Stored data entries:

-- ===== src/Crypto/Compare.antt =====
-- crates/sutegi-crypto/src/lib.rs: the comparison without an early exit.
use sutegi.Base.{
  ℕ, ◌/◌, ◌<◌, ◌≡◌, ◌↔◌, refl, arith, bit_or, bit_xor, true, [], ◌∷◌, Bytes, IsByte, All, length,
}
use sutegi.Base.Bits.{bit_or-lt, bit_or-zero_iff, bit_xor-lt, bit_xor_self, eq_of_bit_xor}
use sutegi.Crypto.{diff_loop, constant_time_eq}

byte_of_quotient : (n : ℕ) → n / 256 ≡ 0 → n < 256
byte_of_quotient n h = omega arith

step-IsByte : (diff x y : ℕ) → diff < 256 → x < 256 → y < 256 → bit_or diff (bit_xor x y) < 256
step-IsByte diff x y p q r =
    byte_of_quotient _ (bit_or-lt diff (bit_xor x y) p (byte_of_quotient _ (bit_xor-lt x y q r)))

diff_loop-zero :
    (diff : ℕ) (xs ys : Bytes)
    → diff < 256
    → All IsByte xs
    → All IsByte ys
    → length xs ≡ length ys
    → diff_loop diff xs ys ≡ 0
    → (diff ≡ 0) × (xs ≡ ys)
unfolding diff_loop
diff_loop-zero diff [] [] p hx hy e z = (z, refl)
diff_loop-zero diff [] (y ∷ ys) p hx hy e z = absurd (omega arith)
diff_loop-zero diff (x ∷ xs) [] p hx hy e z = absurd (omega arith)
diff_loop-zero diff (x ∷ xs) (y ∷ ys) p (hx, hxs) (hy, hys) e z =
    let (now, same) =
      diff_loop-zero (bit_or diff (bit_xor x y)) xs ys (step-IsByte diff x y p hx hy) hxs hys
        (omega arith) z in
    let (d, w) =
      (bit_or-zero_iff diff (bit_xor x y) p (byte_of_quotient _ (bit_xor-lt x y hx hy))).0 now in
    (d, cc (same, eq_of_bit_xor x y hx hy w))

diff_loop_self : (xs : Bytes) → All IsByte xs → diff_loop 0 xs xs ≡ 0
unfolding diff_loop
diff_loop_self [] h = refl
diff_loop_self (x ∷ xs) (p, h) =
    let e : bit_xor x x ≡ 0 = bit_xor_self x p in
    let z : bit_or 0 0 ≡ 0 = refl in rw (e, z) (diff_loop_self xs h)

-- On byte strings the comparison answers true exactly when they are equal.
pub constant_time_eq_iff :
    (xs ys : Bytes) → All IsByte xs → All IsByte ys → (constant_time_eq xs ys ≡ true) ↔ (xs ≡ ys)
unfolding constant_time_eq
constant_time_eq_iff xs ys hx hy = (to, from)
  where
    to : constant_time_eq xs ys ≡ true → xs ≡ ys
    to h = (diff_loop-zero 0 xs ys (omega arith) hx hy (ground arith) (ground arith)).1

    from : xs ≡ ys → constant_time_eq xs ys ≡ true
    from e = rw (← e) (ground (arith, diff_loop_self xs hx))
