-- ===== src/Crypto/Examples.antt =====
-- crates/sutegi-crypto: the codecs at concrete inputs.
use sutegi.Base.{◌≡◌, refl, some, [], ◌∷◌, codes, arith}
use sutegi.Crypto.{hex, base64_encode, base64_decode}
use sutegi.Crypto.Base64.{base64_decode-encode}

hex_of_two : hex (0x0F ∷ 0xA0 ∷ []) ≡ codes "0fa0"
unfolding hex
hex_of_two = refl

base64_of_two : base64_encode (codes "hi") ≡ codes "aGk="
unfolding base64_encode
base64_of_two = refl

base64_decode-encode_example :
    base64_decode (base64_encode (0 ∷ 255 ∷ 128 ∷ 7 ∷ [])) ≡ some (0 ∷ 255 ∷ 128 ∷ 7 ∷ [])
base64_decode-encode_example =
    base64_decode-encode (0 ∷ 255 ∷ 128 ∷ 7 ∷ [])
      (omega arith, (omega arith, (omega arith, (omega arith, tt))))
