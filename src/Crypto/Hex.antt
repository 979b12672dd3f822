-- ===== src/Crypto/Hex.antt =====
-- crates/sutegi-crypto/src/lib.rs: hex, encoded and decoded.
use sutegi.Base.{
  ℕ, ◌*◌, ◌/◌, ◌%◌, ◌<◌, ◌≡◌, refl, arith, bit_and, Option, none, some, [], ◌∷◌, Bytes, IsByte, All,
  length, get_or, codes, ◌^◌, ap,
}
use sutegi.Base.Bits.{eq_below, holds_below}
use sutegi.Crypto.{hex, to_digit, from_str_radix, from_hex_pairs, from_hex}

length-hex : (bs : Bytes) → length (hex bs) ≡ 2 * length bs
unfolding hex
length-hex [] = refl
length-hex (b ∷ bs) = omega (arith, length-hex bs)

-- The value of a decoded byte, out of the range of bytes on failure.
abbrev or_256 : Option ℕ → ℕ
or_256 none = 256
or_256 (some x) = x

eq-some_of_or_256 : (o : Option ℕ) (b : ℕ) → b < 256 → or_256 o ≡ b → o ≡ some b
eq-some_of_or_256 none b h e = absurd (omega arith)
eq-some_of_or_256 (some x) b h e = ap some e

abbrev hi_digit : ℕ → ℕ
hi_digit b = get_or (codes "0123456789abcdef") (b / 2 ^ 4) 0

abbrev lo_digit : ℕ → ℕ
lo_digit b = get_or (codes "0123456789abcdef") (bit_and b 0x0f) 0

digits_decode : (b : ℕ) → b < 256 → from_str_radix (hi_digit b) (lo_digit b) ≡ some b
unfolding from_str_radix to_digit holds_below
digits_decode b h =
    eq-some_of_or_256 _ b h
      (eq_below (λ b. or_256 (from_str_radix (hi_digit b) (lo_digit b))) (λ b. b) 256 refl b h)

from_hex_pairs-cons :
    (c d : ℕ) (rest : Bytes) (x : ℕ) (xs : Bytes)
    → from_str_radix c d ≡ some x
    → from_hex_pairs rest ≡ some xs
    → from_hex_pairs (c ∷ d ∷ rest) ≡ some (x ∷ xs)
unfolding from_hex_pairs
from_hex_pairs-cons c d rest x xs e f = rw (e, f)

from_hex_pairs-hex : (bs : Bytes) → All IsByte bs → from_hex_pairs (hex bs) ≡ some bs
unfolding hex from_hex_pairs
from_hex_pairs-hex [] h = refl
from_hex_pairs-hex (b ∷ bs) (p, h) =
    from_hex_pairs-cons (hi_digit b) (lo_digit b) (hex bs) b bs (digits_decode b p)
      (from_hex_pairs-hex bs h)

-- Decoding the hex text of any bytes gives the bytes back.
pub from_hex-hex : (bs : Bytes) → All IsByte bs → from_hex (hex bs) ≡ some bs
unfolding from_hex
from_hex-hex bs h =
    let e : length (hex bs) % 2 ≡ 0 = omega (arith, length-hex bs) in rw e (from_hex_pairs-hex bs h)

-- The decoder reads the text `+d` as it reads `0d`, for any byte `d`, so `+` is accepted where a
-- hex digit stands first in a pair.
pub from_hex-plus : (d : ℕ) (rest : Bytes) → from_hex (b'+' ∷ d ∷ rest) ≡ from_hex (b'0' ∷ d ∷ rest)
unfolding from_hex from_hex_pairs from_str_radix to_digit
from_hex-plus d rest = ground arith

### Work order
Copy the entries word for word. Leave nothing out.

### Answer
-- ===== src/Crypto/Compare.antt =====
-- crates/sutegi-crypto/src/lib.rs: the comparison without an early exit.
use sutegi.Base.{
  ℕ, ◌/◌, ◌<◌, ◌≡◌, ◌↔◌, refl, arith, bit_or, bit_xor, true, [], ◌∷◌, Bytes, IsByte, All, length,
}
use sutegi.Base.Bits.{bit_or-lt, bit_or-zero_iff, bit_xor-lt, bit_xor_self, eq_of_bit_xor}
use sutegi.Crypto.{diff_loop, constant_time_eq}

byte_of_quotient : (n : ℕ) → n / 256 ≡ 0 → n < 256
byte_of_quotient n h = omega arith

step-IsByte : (diff x y : ℕ) → diff < 256 → x < 256 → y < 256 → bit_or diff (bit_xor x y) < 256
step-IsByte diff x y p q r =
    byte_of_quotient _ (bit_or-lt diff (bit_xor x y) p (byte_of_quotient _ (bit_xor-lt x y q r)))

diff_loop-zero :
    (diff : ℕ) (xs ys : Bytes)
    → diff < 256
    → All IsByte xs
    → All IsByte ys
    → length xs ≡ length ys
    → diff_loop diff xs ys ≡ 0
    → (diff ≡ 0) × (xs ≡ ys)
unfolding diff_loop
diff_loop-zero diff [] [] p hx hy e z = (z, refl)
diff_loop-zero diff [] (y ∷ ys) p hx hy e z = absurd (omega arith)
diff_loop-zero diff (x ∷ xs) [] p hx hy e z = absurd (omega arith)
diff_loop-zero diff (x ∷ xs) (y ∷ ys) p (hx, hxs) (hy, hys) e z =
    let (now, same) =
      diff_loop-zero (bit_or diff (bit_xor x y)) xs ys (step-IsByte diff x y p hx hy) hxs hys
        (omega arith) z in
    let (d, w) =
      (bit_or-zero_iff diff (bit_xor x y) p (byte_of_quotient _ (bit_xor-lt x y hx hy))).0 now in
    (d, cc (same, eq_of_bit_xor x y hx hy w))

diff_loop_self : (xs : Bytes) → All IsByte xs → diff_loop 0 xs xs ≡ 0
unfolding diff_loop
diff_loop_self [] h = refl
diff_loop_self (x ∷ xs) (p, h) =
    let e : bit_xor x x ≡ 0 = bit_xor_self x p in
    let z : bit_or 0 0 ≡ 0 = refl in rw (e, z) (diff_loop_self xs h)

-- On byte strings the comparison answers true exactly when they are equal.
pub constant_time_eq_iff :
    (xs ys : Bytes) → All IsByte xs → All IsByte ys → (constant_time_eq xs ys ≡ true) ↔ (xs ≡ ys)
unfolding constant_time_eq
constant_time_eq_iff xs ys hx hy = (to, from)
  where
    to : constant_time_eq xs ys ≡ true → xs ≡ ys
    to h = (diff_loop-zero 0 xs ys (omega arith) hx hy (ground arith) (ground arith)).1

    from : xs ≡ ys → constant_time_eq xs ys ≡ true
    from e = rw (← e) (ground (arith, diff_loop_self xs hx))
-- ===== src/Crypto/Examples.antt =====
-- crates/sutegi-crypto: the codecs at concrete inputs.
use sutegi.Base.{◌≡◌, refl, some, [], ◌∷◌, codes, arith}
use sutegi.Crypto.{hex, base64_encode, base64_decode}
use sutegi.Crypto.Base64.{base64_decode-encode}

hex_of_two : hex (0x0F ∷ 0xA0 ∷ []) ≡ codes "0fa0"
unfolding hex
hex_of_two = refl

base64_of_two : base64_encode (codes "hi") ≡ codes "aGk="
unfolding base64_encode
base64_of_two = refl

base64_decode-encode_example :
    base64_decode (base64_encode (0 ∷ 255 ∷ 128 ∷ 7 ∷ [])) ≡ some (0 ∷ 255 ∷ 128 ∷ 7 ∷ [])
base64_decode-encode_example =
    base64_decode-encode (0 ∷ 255 ∷ 128 ∷ 7 ∷ [])
      (omega arith, (omega arith, (omega arith, (omega arith, tt))))
filename src/Crypto/Hex.antt
repository 979b12672dd3f822
-- ===== src/Crypto/Hex.antt =====
-- crates/sutegi-crypto/src/lib.rs: hex, encoded and decoded.
use sutegi.Base.{
  ℕ, ◌*◌, ◌/◌, ◌%◌, ◌<◌, ◌≡◌, refl, arith, bit_and, Option, none, some, [], ◌∷◌, Bytes, IsByte, All,
  length, get_or, codes, ◌^◌, ap,
}
use sutegi.Base.Bits.{eq_below, holds_below}
use sutegi.Crypto.{hex, to_digit, from_str_radix, from_hex_pairs, from_hex}

length-hex : (bs : Bytes) → length (hex bs) ≡ 2 * length bs
unfolding hex
length-hex [] = refl
length-hex (b ∷ bs) = omega (arith, length-hex bs)

-- The value of a decoded byte, out of the range of bytes on failure.
abbrev or_256 : Option ℕ → ℕ
or_256 none = 256
or_256 (some x) = x

eq-some_of_or_256 : (o : Option ℕ) (b : ℕ) → b < 256 → or_256 o ≡ b → o ≡ some b
eq-some_of_or_256 none b h e = absurd (omega arith)
eq-some_of_or_256 (some x) b h e = ap some e

abbrev hi_digit : ℕ → ℕ
hi_digit b = get_or (codes "0123456789abcdef") (b / 2 ^ 4) 0

abbrev lo_digit : ℕ → ℕ
lo_digit b = get_or (codes "0123456789abcdef") (bit_and b 0x0f) 0

digits_decode : (b : ℕ) → b < 256 → from_str_radix (hi_digit b) (lo_digit b) ≡ some b
unfolding from_str_radix to_digit holds_below
digits_decode b h =
    eq-some_of_or_256 _ b h
      (eq_below (λ b. or_256 (from_str_radix (hi_digit b) (lo_digit b))) (λ b. b) 256 refl b h)

from_hex_pairs-cons :
    (c d : ℕ) (rest : Bytes) (x : ℕ) (xs : Bytes)
    → from_str_radix c d ≡ some x
    → from_hex_pairs rest ≡ some xs
    → from_hex_pairs (c ∷ d ∷ rest) ≡ some (x ∷ xs)
unfolding from_hex_pairs
from_hex_pairs-cons c d rest x xs e f = rw (e, f)

from_hex_pairs-hex : (bs : Bytes) → All IsByte bs → from_hex_pairs (hex bs) ≡ some bs
unfolding hex from_hex_pairs
from_hex_pairs-hex [] h = refl
from_hex_pairs-hex (b ∷ bs) (p, h) =
    from_hex_pairs-cons (hi_digit b) (lo_digit b) (hex bs) b bs (digits_decode b p)
      (from_hex_pairs-hex bs h)

-- Decoding the hex text of any bytes gives the bytes back.
pub from_hex-hex : (bs : Bytes) → All IsByte bs → from_hex (hex bs) ≡ some bs
unfolding from_hex
from_hex-hex bs h =
    let e : length (hex bs) % 2 ≡ 0 = omega (arith, length-hex bs) in rw e (from_hex_pairs-hex bs h)

-- The decoder reads the text `+d` as it reads `0d`, for any byte `d`, so `+` is accepted where a
-- hex digit stands first in a pair.
pub from_hex-plus : (d : ℕ) (rest : Bytes) → from_hex (b'+' ∷ d ∷ rest) ≡ from_hex (b'0' ∷ d ∷ rest)
unfolding from_hex from_hex_pairs from_str_radix to_digit
from_hex-plus d rest = ground arith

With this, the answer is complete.